— What is needed —
Your task is to print each record exactly as it reads.

--------------------

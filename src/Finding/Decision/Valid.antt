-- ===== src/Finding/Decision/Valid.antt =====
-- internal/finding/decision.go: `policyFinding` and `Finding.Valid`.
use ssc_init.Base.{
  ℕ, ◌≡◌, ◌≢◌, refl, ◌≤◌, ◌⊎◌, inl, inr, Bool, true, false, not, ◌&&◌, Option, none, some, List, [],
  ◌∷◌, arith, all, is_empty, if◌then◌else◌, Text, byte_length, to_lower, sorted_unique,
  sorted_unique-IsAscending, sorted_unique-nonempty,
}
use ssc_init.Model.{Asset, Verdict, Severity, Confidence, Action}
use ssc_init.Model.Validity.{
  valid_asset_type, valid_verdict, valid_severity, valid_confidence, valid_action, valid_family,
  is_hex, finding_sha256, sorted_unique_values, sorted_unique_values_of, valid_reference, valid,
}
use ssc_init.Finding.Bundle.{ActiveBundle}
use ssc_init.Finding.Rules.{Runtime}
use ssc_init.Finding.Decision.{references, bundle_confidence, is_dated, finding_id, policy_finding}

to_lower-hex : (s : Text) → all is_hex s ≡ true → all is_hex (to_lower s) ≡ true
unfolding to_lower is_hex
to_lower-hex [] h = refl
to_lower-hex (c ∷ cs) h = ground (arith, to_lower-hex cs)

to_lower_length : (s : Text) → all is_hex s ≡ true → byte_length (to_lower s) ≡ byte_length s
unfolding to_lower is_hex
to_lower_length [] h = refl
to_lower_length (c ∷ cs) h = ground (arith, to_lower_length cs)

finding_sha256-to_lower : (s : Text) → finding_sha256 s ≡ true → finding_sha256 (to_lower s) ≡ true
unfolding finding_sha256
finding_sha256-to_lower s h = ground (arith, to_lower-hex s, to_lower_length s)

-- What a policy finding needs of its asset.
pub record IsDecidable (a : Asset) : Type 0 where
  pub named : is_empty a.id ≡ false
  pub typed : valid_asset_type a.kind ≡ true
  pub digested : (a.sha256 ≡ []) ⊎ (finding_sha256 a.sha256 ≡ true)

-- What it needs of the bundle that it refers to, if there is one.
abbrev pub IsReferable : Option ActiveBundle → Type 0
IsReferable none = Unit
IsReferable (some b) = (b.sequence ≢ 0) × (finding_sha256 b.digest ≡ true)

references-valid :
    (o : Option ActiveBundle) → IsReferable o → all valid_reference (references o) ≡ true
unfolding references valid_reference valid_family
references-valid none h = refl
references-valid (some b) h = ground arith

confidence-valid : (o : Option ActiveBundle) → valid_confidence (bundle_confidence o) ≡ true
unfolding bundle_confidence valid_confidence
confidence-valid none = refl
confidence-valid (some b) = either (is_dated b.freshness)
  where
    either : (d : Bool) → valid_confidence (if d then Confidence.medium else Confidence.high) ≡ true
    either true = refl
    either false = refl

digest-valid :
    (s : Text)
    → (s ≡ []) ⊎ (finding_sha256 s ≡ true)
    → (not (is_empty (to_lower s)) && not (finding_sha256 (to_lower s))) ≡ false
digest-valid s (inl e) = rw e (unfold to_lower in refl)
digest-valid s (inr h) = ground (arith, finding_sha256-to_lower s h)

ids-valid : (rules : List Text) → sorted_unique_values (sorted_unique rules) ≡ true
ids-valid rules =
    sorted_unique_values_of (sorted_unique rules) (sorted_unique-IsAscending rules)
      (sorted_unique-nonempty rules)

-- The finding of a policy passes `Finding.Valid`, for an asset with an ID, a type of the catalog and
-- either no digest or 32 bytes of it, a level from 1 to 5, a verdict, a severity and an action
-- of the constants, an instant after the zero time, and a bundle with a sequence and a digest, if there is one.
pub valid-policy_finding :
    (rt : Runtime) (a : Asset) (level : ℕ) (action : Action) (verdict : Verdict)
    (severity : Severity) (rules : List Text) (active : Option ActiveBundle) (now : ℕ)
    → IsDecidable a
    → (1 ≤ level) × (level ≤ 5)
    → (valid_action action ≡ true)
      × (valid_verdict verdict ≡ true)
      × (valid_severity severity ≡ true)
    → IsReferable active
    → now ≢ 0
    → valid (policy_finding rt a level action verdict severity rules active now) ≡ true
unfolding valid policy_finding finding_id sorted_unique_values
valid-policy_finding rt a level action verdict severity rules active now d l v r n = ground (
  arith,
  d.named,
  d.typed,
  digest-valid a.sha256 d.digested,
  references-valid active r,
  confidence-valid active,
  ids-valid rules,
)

--------------------

— The completed task —
filename src/Finding/Decision/Valid.antt
-- ===== src/Finding/Decision/Valid.antt =====
-- internal/finding/decision.go: `policyFinding` and `Finding.Valid`.
use ssc_init.Base.{
  ℕ, ◌≡◌, ◌≢◌, refl, ◌≤◌, ◌⊎◌, inl, inr, Bool, true, false, not, ◌&&◌, Option, none, some, List, [],
  ◌∷◌, arith, all, is_empty, if◌then◌else◌, Text, byte_length, to_lower, sorted_unique,
  sorted_unique-IsAscending, sorted_unique-nonempty,
}
use ssc_init.Model.{Asset, Verdict, Severity, Confidence, Action}
use ssc_init.Model.Validity.{
  valid_asset_type, valid_verdict, valid_severity, valid_confidence, valid_action, valid_family,
  is_hex, finding_sha256, sorted_unique_values, sorted_unique_values_of, valid_reference, valid,
}
use ssc_init.Finding.Bundle.{ActiveBundle}
use ssc_init.Finding.Rules.{Runtime}
use ssc_init.Finding.Decision.{references, bundle_confidence, is_dated, finding_id, policy_finding}

to_lower-hex : (s : Text) → all is_hex s ≡ true → all is_hex (to_lower s) ≡ true
unfolding to_lower is_hex
to_lower-hex [] h = refl
to_lower-hex (c ∷ cs) h = ground (arith, to_lower-hex cs)

to_lower_length : (s : Text) → all is_hex s ≡ true → byte_length (to_lower s) ≡ byte_length s
unfolding to_lower is_hex
to_lower_length [] h = refl
to_lower_length (c ∷ cs) h = ground (arith, to_lower_length cs)

finding_sha256-to_lower : (s : Text) → finding_sha256 s ≡ true → finding_sha256 (to_lower s) ≡ true
unfolding finding_sha256
finding_sha256-to_lower s h = ground (arith, to_lower-hex s, to_lower_length s)

-- What a policy finding needs of its asset.
pub record IsDecidable (a : Asset) : Type 0 where
  pub named : is_empty a.id ≡ false
  pub typed : valid_asset_type a.kind ≡ true
  pub digested : (a.sha256 ≡ []) ⊎ (finding_sha256 a.sha256 ≡ true)

-- What it needs of the bundle that it refers to, if there is one.
abbrev pub IsReferable : Option ActiveBundle → Type 0
IsReferable none = Unit
IsReferable (some b) = (b.sequence ≢ 0) × (finding_sha256 b.digest ≡ true)

references-valid :
    (o : Option ActiveBundle) → IsReferable o → all valid_reference (references o) ≡ true
unfolding references valid_reference valid_family
references-valid none h = refl
references-valid (some b) h = ground arith

confidence-valid : (o : Option ActiveBundle) → valid_confidence (bundle_confidence o) ≡ true
unfolding bundle_confidence valid_confidence
confidence-valid none = refl
confidence-valid (some b) = either (is_dated b.freshness)
  where
    either : (d : Bool) → valid_confidence (if d then Confidence.medium else Confidence.high) ≡ true
    either true = refl
    either false = refl

digest-valid :
    (s : Text)
    → (s ≡ []) ⊎ (finding_sha256 s ≡ true)
    → (not (is_empty (to_lower s)) && not (finding_sha256 (to_lower s))) ≡ false
digest-valid s (inl e) = rw e (unfold to_lower in refl)
digest-valid s (inr h) = ground (arith, finding_sha256-to_lower s h)

ids-valid : (rules : List Text) → sorted_unique_values (sorted_unique rules) ≡ true
ids-valid rules =
    sorted_unique_values_of (sorted_unique rules) (sorted_unique-IsAscending rules)
      (sorted_unique-nonempty rules)

-- The finding of a policy passes `Finding.Valid`, for an asset with an ID, a type of the catalog and
-- either no digest or 32 bytes of it, a level from 1 to 5, a verdict, a severity and an action
-- of the constants, an instant after the zero time, and a bundle with a sequence and a digest, if there is one.
pub valid-policy_finding :
    (rt : Runtime) (a : Asset) (level : ℕ) (action : Action) (verdict : Verdict)
    (severity : Severity) (rules : List Text) (active : Option ActiveBundle) (now : ℕ)
    → IsDecidable a
    → (1 ≤ level) × (level ≤ 5)
    → (valid_action action ≡ true)
      × (valid_verdict verdict ≡ true)
      × (valid_severity severity ≡ true)
    → IsReferable active
    → now ≢ 0
    → valid (policy_finding rt a level action verdict severity rules active now) ≡ true
unfolding valid policy_finding finding_id sorted_unique_values
valid-policy_finding rt a level action verdict severity rules active now d l v r n = ground (
  arith,
  d.named,
  d.typed,
  digest-valid a.sha256 d.digested,
  references-valid active r,
  confidence-valid active,
  ids-valid rules,
)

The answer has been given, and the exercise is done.